Well… one of the opening scenes is Martin massaging Ward’s breasts, because they ‘fell outta whack’ and on seeing this, I did think “Hell, this would never get put in a film now because it’s not very ‘PC’“, but wow, this is one funny and CLEVER film.
The language and actual story is perfect and is a snug fit with all the other film clips, which is quite strange because although it’s a perfect and believable fit, it’s also got that ‘Steve Martin crazy, zany’ humour in it, with added boob/willy fondling. Not only does it seamlessly include clips from 19 vintage films, the way Martin acts with these old movie stars and how it’s been assembled to give rise to some cracking one liners is just brilliant.
Martin plays the film more or less straight, to great effect (He IS funny), he’s also rather handsome in his amazing 40s suits and silk ties. I would love to see some colour stills from this film. Ward is great as the ballsy (yet fainting) heroine, who can suck a bullet out of a wound like a rabid hoover, and looks like she herself just walked out of a 40s Noir in her diaphanous billowing Edith Head chemise.
Among the actors who appear from classic films are Ingrid Bergman, Humphrey Bogart, James Cagney, Joan Crawford, Bette Davis, Brian Donlevy, Kirk Douglas, Ava Gardner, Cary Grant, Alan Ladd, Veronica Lake, Burt Lancaster, Charles Laughton, Fred MacMurray, Ray Milland, Edmond O’Brien, Vincent Price, Barbara Stanwyck, and Lana Turner.
Bottom line – Reiner made 4 films with Martin, and each one is a stone cold classic. Including this one.
It’s a shame there are no extras on the disc but, heigh ho, a fabulous film release once again from Fabulous Films.

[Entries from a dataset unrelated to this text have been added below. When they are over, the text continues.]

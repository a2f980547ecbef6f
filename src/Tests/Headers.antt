-- ===== src/Tests/Headers.antt =====
-- Runs of headers/accept_encoding.rs and headers/entity_tag.rs; the first ones are the tests of the
-- sources.
use ftl.Prelude.{ℕ, ◌≤◌, ◌≡◌, refl, true, false, Option, some, List, [], ◌∷◌, ok, All, ◌>>=◌, arith}
use mathlib.Core.List.{Memᴰ}
use ftl.Http.{Text}
use ftl.Strings.{codes, split, trim, splitn2, eq_ignore_ascii_case, is_whitespace, text_eq}
use ftl.QValue.{fmt, parse, wildcard}
use ftl.Encoding.{
  all, ContentEncoding, gzip, brotli, zstd, identity, rank, AcceptEncoding, decode, decode_values,
  list_values, decode_one, slot_of, assign, encode, preferred_encoding, consider, allows,
  content_of, decode_content, default,
}
use ftl.Encoding.Preferred.{Before, preferred_encoding-best}
use ftl.Encoding.Header.{decode-encode}
use ftl.Encoding.Content.{decode_content-ge}
use ftl.EntityTag.{EntityTag, from_str, to_string, encode_etag_list, parse_etag_list}
use ftl.EntityTag.Print.{IsTag, from_str-to_string}
use ftl.EntityTag.Lists.{IsVisible, IsListed, parse-encode_etag_list}

ran : Unit {0}
unfolding decode decode_values list_values wildcard decode_one slot_of assign encode fmt parse
    splitn2 split trim is_whitespace eq_ignore_ascii_case text_eq preferred_encoding consider
    default all content_of allows
ran = tt

abbrev encodings : AcceptEncoding
encodings = record { gzip = 1000; br = 500; deflate = 0; zstd = 250 }

abbrev preferred : Text → Option ContentEncoding
unfolding ran
preferred s = decode some (s ∷ []) >>= λ a. some (preferred_encoding a all)

encode_test : encode encodings ≡ codes "gzip;q=1,br;q=0.500,zstd;q=0.250" ∷ []
unfolding ran
encode_test = refl

decode_test : decode some (codes "zstd;q=0.25,br;q=0.5,gzip;q=1" ∷ []) ≡ some encodings
unfolding ran
decode_test = refl

preferred_tests :
    (preferred (codes "gzip;q=1.0") ≡ some gzip)
    × (preferred (codes "gzip;q=0.5,br;q=1") ≡ some brotli)
    × (preferred (codes "gzip;q=0.1,*;q=0.5") ≡ some zstd)
    × (preferred (codes "*") ≡ some zstd)
unfolding ran
preferred_tests = (refl, refl, refl, refl)

decode-encode_example : decode some (encode encodings) ≡ some encodings
decode-encode_example = decode-encode encodings (omega arith, omega arith, omega arith, omega arith)

preferred_encoding-best_example : Before encodings brotli (preferred_encoding encodings all)
unfolding ran
preferred_encoding-best_example = preferred_encoding-best encodings all brotli refl refl

abbrev coded : List Text
coded = codes "x-gzip" ∷ codes "br" ∷ []

decode_content-ge_test : rank gzip ≤ rank (decode_content identity coded)
unfolding ran
decode_content-ge_test =
    decode_content-ge identity gzip (codes "x-gzip") coded (Memᴰ.head refl) refl

abbrev tag_a : EntityTag
tag_a = record { weak = true; tag = codes "33.5-10" }

abbrev tag_b : EntityTag
tag_b = record { weak = false; tag = codes "b" }

tag_a_ok : IsTag tag_a
tag_a_ok = record { short = omega arith; ascii = refl }

tag_b_ok : IsTag tag_b
tag_b_ok = record { short = omega arith; ascii = refl }

from_str-to_string_test : from_str (to_string tag_a) ≡ ok tag_a
from_str-to_string_test = from_str-to_string tag_a tag_a_ok

-- Header values as their texts.
visible_text : (t : Text) → All IsVisible t → (v : Text) × (some t ≡ some v) × (some v ≡ some t)
visible_text t h = (t, refl, refl)

tags-IsListed : All IsListed (tag_a ∷ tag_b ∷ [])
tags-IsListed = (
  record { valid = tag_a_ok; single = ground arith; visible = ground arith },
  (record { valid = tag_b_ok; single = ground arith; visible = ground arith }, tt),
)

parse-encode_etag_list_example :
    ((v : Text) × (encode_etag_list some (tag_a ∷ tag_b ∷ []) ≡ v ∷ []))
    × (parse_etag_list some (encode_etag_list some (tag_a ∷ tag_b ∷ []))
        ≡ some (tag_a ∷ tag_b ∷ []))
parse-encode_etag_list_example =
    parse-encode_etag_list some some visible_text tag_a (tag_b ∷ []) tags-IsListed

abbrev stamp : Option (ℕ × ℕ)
stamp = some (33, 5)
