-- ===== src/Tests/Rates.antt =====
-- Runs of the rate limiter: layers/rate_limit/gcra.rs.
use ftl.Prelude.{
  ℕ, ◌+◌, ◌*◌, ◌≤◌, ◌≡◌, refl, some, List, [], ◌∷◌, err, true, false, leb, length, arith,
}
use native.Mathlib.Decide.{ℕ_discrete}
use ftl.Table.{Table, function_table}
use ftl.Gcra.{Quota, first, decide, admitted}
use ftl.Gcra as Cell
use ftl.Gcra.Burst.{Fits}
use ftl.Gcra.Threads.{Request, Event, load, attempt, run, start, step, replay}
use ftl.Gcra.Threads.Linear.{run-linear}
use ftl.Gcra.Rate.{run_rate}
use ftl.RateLimit.Collector as Collector
use ftl.RateLimit.Collector.{drop_builder, drop_limiter, turn, ended}
use ftl.RateLimit.Collector.Ends.{round, dropped_layers_end}
use ftl.Limiter.{
  RateLimiter, Limiter, gc, req, req_peek_key, penalize, clean, into_response, nanos_per_sec,
}
use ftl.Limiter as Limits
use ftl.Limiter.Rate as Rate
use ftl.Limiter.Rate.{ask, sweep}
use ftl.Limiter.Rate.Bound.{admitted-rate}
use ftl.Limiter.Gc.{verdict, gc-verdict}
use ftl.Limiter.Reply.{retry_after_early}

ran : Unit {0}
unfolding run start step replay decide Cell.req first admitted req gc penalize Limits.new
    into_response ℕ_discrete
ran = tt

-- Two requests at once, and one more every 10.
abbrev two : Quota
two = record { tau = 20; t = 10 }

abbrev at_100 : Request
at_100 = record { quota = two; now = 100 }

-- Two threads load the same value; the second's exchange fails twice, then it is granted too.
abbrev two_threads : List Event
two_threads =
    load 0 at_100
    ∷ load 1 at_100
    ∷ attempt 0 false
    ∷ attempt 1 false
    ∷ attempt 1 true
    ∷ attempt 1 false
    ∷ []

two_threads-run :
    ((run (start 100) two_threads).cell ≡ 120) × (length (run (start 100) two_threads).granted ≡ 2)
unfolding ran
two_threads-run = (refl, refl)

run-linear_example :
    replay 100 (run (start 100) two_threads).granted ≡ some (run (start 100) two_threads).cell
run-linear_example = run-linear 100 two_threads

-- A third thread is told to wait.
abbrev third : List Event
third = load 2 at_100 ∷ attempt 2 false ∷ []

run_rate_example : 100 + length (run (start 100) two_threads).granted * 10 ≤ 100 + 20 + 10
unfolding ran
run_rate_example =
    run_rate two 100 100 two_threads (omega arith) (omega arith)
      ((refl, omega arith), ((refl, omega arith), tt))

two-Fits : Fits two 2 100
two-Fits = record { tau = refl; pos = omega arith; room = omega arith }

abbrev cells : Table ℕ ℕ
cells = function_table ℕ_discrete

-- The client 7 has a cell at 50, and 8 one at 300.
abbrev clients : Limiter cells
clients = record {
  start = 0;
  gc_interval = 4;
  last_gc = 8;
  limits = cells.insert 7 50 (cells.insert 8 300 cells.empty);
}

gc-verdict_test :
    verdict cells (req cells 7 two 100 (gc cells 60 clients))
    ≡ verdict cells (req cells 7 two 100 clients)
unfolding ran
gc-verdict_test = gc-verdict cells 7 two 100 60 clients (λ e. omega arith) (omega arith)

-- The request of 9 collects the cell of 7.
abbrev after_9 : Limiter cells
after_9 = record {
  start = 0;
  gc_interval = 4;
  last_gc = 9;
  limits = cells.insert 9 120 (cells.retain (λ v. leb 100 v) clients.limits);
}

-- A wait of a second and a half, announced as one second.
abbrev slow : Quota
slow = record { tau = 1; t = 1 }

retry_after_early_test :
    decide 1_500_000_001 (0 + (into_response 1_500_000_000).retry_after * nanos_per_sec) slow
    ≡ err 500_000_000
unfolding ran
retry_after_early_test =
    retry_after_early 1_500_000_001 0 1_500_000_000 slow refl (omega arith) (λ e. omega arith)

-- The only layer is dropped while the task cleans, so the builder's notification is lost.
abbrev dropped : List Collector.Event
dropped = turn ∷ turn ∷ drop_builder ∷ turn ∷ turn ∷ drop_limiter ∷ []

all_dropped : (Collector.run dropped Collector.start).limiters ≡ 0
unfolding Collector.run Collector.start
all_dropped = refl

dropped_layers_end_example :
    (round [] (round [] (round [] (Collector.run dropped Collector.start)))).phase ≡ ended
dropped_layers_end_example = dropped_layers_end dropped [] [] [] all_dropped

-- The client 8 asks five times in 30 ns, and is refused once, with the client 7 and a cleaning in
-- between.
abbrev asked : List (Rate.Event ℕ)
asked =
    ask 8 two 300
    ∷ ask 7 two 300
    ∷ ask 8 two 300
    ∷ ask 8 two 300
    ∷ ask 8 two 300
    ∷ sweep 320
    ∷ ask 8 two 330
    ∷ []

asked_test : Rate.admitted cells ℕ_discrete 8 asked clients ≡ some 4
unfolding ran clean
asked_test = refl

asked-Timed : Rate.Timed 8 two 0 300 330 asked
asked-Timed = (
  omega arith,
  λ e. refl,
  (
    omega arith,
    λ e. absurd (omega arith),
    (
      omega arith,
      λ e. refl,
      (
        omega arith,
        λ e. refl,
        (omega arith, λ e. refl, (omega arith, (omega arith, λ e. refl, omega arith))),
      ),
    ),
  ),
)

admitted-rate_example :
    (n : ℕ) × (Rate.admitted cells ℕ_discrete 8 asked clients ≡ some n)
    × (300 + n * 10 ≤ 330 + 20 + 10)
admitted-rate_example =
    admitted-rate cells ℕ_discrete 8 two 300 330 asked clients (λ e. omega arith) (omega arith)
      asked-Timed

So now you’ve downloaded The Secret History of Hollywood, why not watch some of the ORIGINAL films included in Dead Men Don’t Wear Plaid? Here’s a list, please do Google them (so Dave doesn’t have to link them all!), all of them are truly great films, and a couple of them are pretty darn sexy too.
- Johnny Eager (1941)
- Suspicion (1941)
- This Gun for Hire (1942)
- The Glass Key (1942)
- Double Indemnity (1944)
- The Lost Weekend (1945)
- Deception (1946)
- Humoresque (1946)
- The Big Sleep (1946)
- The Killers (1946)
- Notorious (1946)
- The Postman Always Rings Twice (1946)
- Dark Passage (1947)
- I Walk Alone (1947)
- Sorry, Wrong Number (1948)
- The Bribe (1949)
- White Heat (1949)
- In a Lonely Place (1950)
Review by Tina (co-host of 60 Minutes With) from a disc kindly supplied by Fabulous Films.